• _EXERCISE AIM_:
Of the entries below, restate word for word only the section that runs from the line with "bounded = omega" to the line with "subst (λ o.", counting both ends.

• _EXTRACTED DATA_:
-- ===== src/Vsock/Muxer/Turns.antt =====
-- A turn of the loop of `VsockMuxer::recv_pkt`, src/devices/src/virtio/vsock/unix/muxer.rs.
use mathlib.Core.Bool.{true≢false}
use mathlib.Core.Path.{subst}
use firecracker.Base.{
  ℕ, ◌≤◌, ◌≡◌, ◌⊎◌, inl, inr, refl, ap, sym, ◌∙◌, Bool, true, false, not, ◌&&◌, some, List, [], ◌∷◌,
  ◌++◌, length, if◌then◌else◌, if-keeps, if-split, Bool-cases, arith,
}
use firecracker.Base.Maps.{nat_eq, get, insert}
use firecracker.Vsock.PendingRx.{rst, contains}
use firecracker.Vsock.PendingRx.Items.{contains-insert}
use firecracker.Vsock.RxQ.{ConnMapKey, MuxerRx, conn_rx, rst_pkt, MuxerRxQ}
use firecracker.Vsock.RxQ
use firecracker.Vsock.Connection.{VsockConnection, has_pending_rx, will_expire, kill}
use firecracker.Vsock.Muxer.{
  same_key, same_key_iff, Host, VsockMuxer, key_eq, push_rx, kill_found, kill_connection,
}
use firecracker.Vsock.Muxer.Mutation.{is_local_init, is_established, queue_kill, settle, acked}
use firecracker.Vsock.Muxer.Queued.{
  Queued, Queued-split, append_assoc, length-append-conn, OnConn, queued, dropped, push-OnConn,
}
use firecracker.Vsock.Muxer.Tracked.{get-insert_same, get-insert_other}
use firecracker.Vsock.Muxer.Kept.{Holds, relisten-Holds, queue_kill-Holds}

module _ {S W : Type 0} (io : Host S W) where
  -- What follows a mutation that leaves nothing pending, but for the listener.
  pub settle_quiet-Holds :
      (P : List (ConnMapKey × VsockConnection S) → MuxerRxQ → Type 0) (now : ℕ) (key : ConnMapKey)
      (c d : VsockConnection S) (mx : VsockMuxer S W)
      → ((mx' : VsockMuxer S W) → Holds P mx' → Holds P (kill_connection key mx'))
      → has_pending_rx d ≡ false
      → P (insert key d mx.conn_map) mx.rxq
      → Holds P (settle io now key c d mx)
  unfolding settle
  settle_quiet-Holds P now key c d mx kills quiet h =
      let mx1 = record mx { conn_map = insert key d mx.conn_map } in
      let mx2 =
        if not (has_pending_rx c) && has_pending_rx d then push_rx (conn_rx key) mx1 else mx1 in
      let mx3 =
        if not (will_expire now c) && will_expire now d then queue_kill key d.expiry mx2 else mx2 in
      let h2 : Holds P mx2 =
        if-split (Holds P) (not (has_pending_rx c) && has_pending_rx d)
          (λ t. absurd (true≢false (sym (right (has_pending_rx c) (has_pending_rx d) t) ∙ quiet)))
          (λ _. h) in
      let h3 : Holds P mx3 =
        if-keeps (Holds P) (not (will_expire now c) && will_expire now d)
          (queue_kill-Holds P key d.expiry mx2 h2) h2 in
      relisten-Holds io P key kills d mx3 h3
    where
      right : (a b : Bool) → (not a && b) ≡ true → b ≡ true
      right true b t = absurd (true≢false (sym t))
      right false b t = t

  -- A connection that does not become established is not acknowledged.
  pub acked-same :
      (key : ConnMapKey) (c d : VsockConnection S)
      → (is_local_init c.state ≡ true → is_established d.state ≡ false)
      → acked io key c.state d ≡ d
  unfolding acked
  acked-same key c d w =
      if-split (λ (x : VsockConnection S). x ≡ d) (is_local_init c.state && is_established d.state)
        (λ t. absurd (no (is_local_init c.state) (is_established d.state) w t)) (λ _. refl)
    where
      no : (a b : Bool) → (a ≡ true → b ≡ false) → (a && b) ≡ true → ⊥
      no true b f t = true≢false (sym t ∙ f refl)
      no false b f t = true≢false (sym t)

-- A connection with a reset pending.
abbrev pub Resets : {S : Type 0} → ConnMapKey → List (ConnMapKey × VsockConnection S) → Type 0
Resets {S} key conns =
    (c : VsockConnection S) × ((get key conns ≡ some c) × (contains rst c.pending_rx ≡ true))

-- The queue has the key at its head, then `first`, and behind it only connections that will yield.
pub record IsBehind {S : Type 0} (key : ConnMapKey) (first : List MuxerRx)
    (conns : List (ConnMapKey × VsockConnection S)) (r : MuxerRxQ) : Type 0 where
  pub later : List MuxerRx
  pub parts : r.q ≡ conn_rx key ∷ (first ++ later)
  pub yields : (i : ConnMapKey) → Queued i later → Resets i conns
  pub present : (c : VsockConnection S) × (get key conns ≡ some c)
  pub bounded : length r.q ≤ RxQ.size

module _ {S : Type 0} (key : ConnMapKey) (first : List MuxerRx) where
  -- A connection that is inserted with a reset pending, or where none waits behind.
  pub insert-Resets :
      (d : VsockConnection S) (conns : List (ConnMapKey × VsockConnection S)) (later : List MuxerRx)
      → (contains rst d.pending_rx ≡ true) ⊎ (Resets key conns → ⊥)
      → ((i : ConnMapKey) → Queued i later → Resets i conns)
      → (i : ConnMapKey) → Queued i later
      → Resets i (insert key d conns)
  insert-Resets d conns later why f i h = elim (Bool-cases (same_key key i)) [
    | inl t ↦
        subst (λ j. Resets j (insert key d conns)) ((same_key_iff key i).0 t)
          (elim why [
            | inl y ↦ (d, (get-insert_same key d conns, y))
            | inr n ↦
                absurd (n (subst (λ j. Resets j conns) (sym ((same_key_iff key i).0 t)) (f i h)))
          ])
    | inr t ↦ ((f i h).0, (get-insert_other i key d conns t ∙ (f i h).1.0, (f i h).1.1))
  ]

  pushed-IsBehind :
      (conns : List (ConnMapKey × VsockConnection S)) (r r' : MuxerRxQ)
      → OnConn key r r'
      → Resets key conns
      → IsBehind key first conns r
      → IsBehind key first conns r'
  pushed-IsBehind conns r _ (queued s lt) y b = record {
    later = b.later ++ conn_rx key ∷ [];
    parts =
        ap (λ (t : List MuxerRx). t ++ conn_rx key ∷ []) b.parts
        ∙ append_assoc (conn_rx key ∷ first) b.later (conn_rx key ∷ []);
    yields = λ i h. elim (Queued-split i b.later (conn_rx key ∷ []) h) [
      | inl a ↦ b.yields i a
      | inr (inl e) ↦ subst (λ j. Resets j conns) e y
      | inr (inr none_is) ↦ absurd none_is
    ];
    present = b.present;
    bounded = omega (arith, lt, length-append-conn r.q (conn_rx key));
  }
  pushed-IsBehind conns r _ dropped y b = record {
    later = b.later;
    parts = b.parts;
    yields = b.yields;
    present = b.present;
    bounded = b.bounded;
  }

  pub kill_connection-IsBehind :
      {W : Type 0} (mx : VsockMuxer S W)
      → Holds (IsBehind key first) mx
      → Holds (IsBehind key first) (kill_connection key mx)
  unfolding kill_connection kill_found push_rx kill
  kill_connection-IsBehind {W} mx b =
      let c = b.present.0 in
      let conns = insert key (kill c) mx.conn_map in
      let rst_pending = contains-insert rst c.pending_rx in
      let same = get-insert_same key (kill c) mx.conn_map in
      let killed_b : IsBehind key first conns mx.rxq = record {
        later = b.later;
        parts = b.parts;
        yields = insert-Resets (kill c) mx.conn_map b.later (inl rst_pending) b.yields;
        present = (kill c, same);
        bounded = b.bounded;
      } in
      subst (λ o. Holds (IsBehind key first) (kill_found key mx o)) (sym b.present.1)
        (if-keeps (Holds (IsBehind key first)) (has_pending_rx c) killed_b (
          pushed-IsBehind conns mx.rxq _ (push-OnConn key mx.rxq b.bounded)
            (kill c, (same, rst_pending)) killed_b))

• _SOLUTION FOR THIS TASK_:
    bounded = omega (arith, lt, length-append-conn r.q (conn_rx key));
  }
  pushed-IsBehind conns r _ dropped y b = record {
    later = b.later;
    parts = b.parts;
    yields = b.yields;
    present = b.present;
    bounded = b.bounded;
  }

  pub kill_connection-IsBehind :
      {W : Type 0} (mx : VsockMuxer S W)
      → Holds (IsBehind key first) mx
      → Holds (IsBehind key first) (kill_connection key mx)
  unfolding kill_connection kill_found push_rx kill
  kill_connection-IsBehind {W} mx b =
      let c = b.present.0 in
      let conns = insert key (kill c) mx.conn_map in
      let rst_pending = contains-insert rst c.pending_rx in
      let same = get-insert_same key (kill c) mx.conn_map in
      let killed_b : IsBehind key first conns mx.rxq = record {
        later = b.later;
        parts = b.parts;
        yields = insert-Resets (kill c) mx.conn_map b.later (inl rst_pending) b.yields;
        present = (kill c, same);
        bounded = b.bounded;
      } in
      subst (λ o. Holds (IsBehind key first) (kill_found key mx o)) (sym b.present.1)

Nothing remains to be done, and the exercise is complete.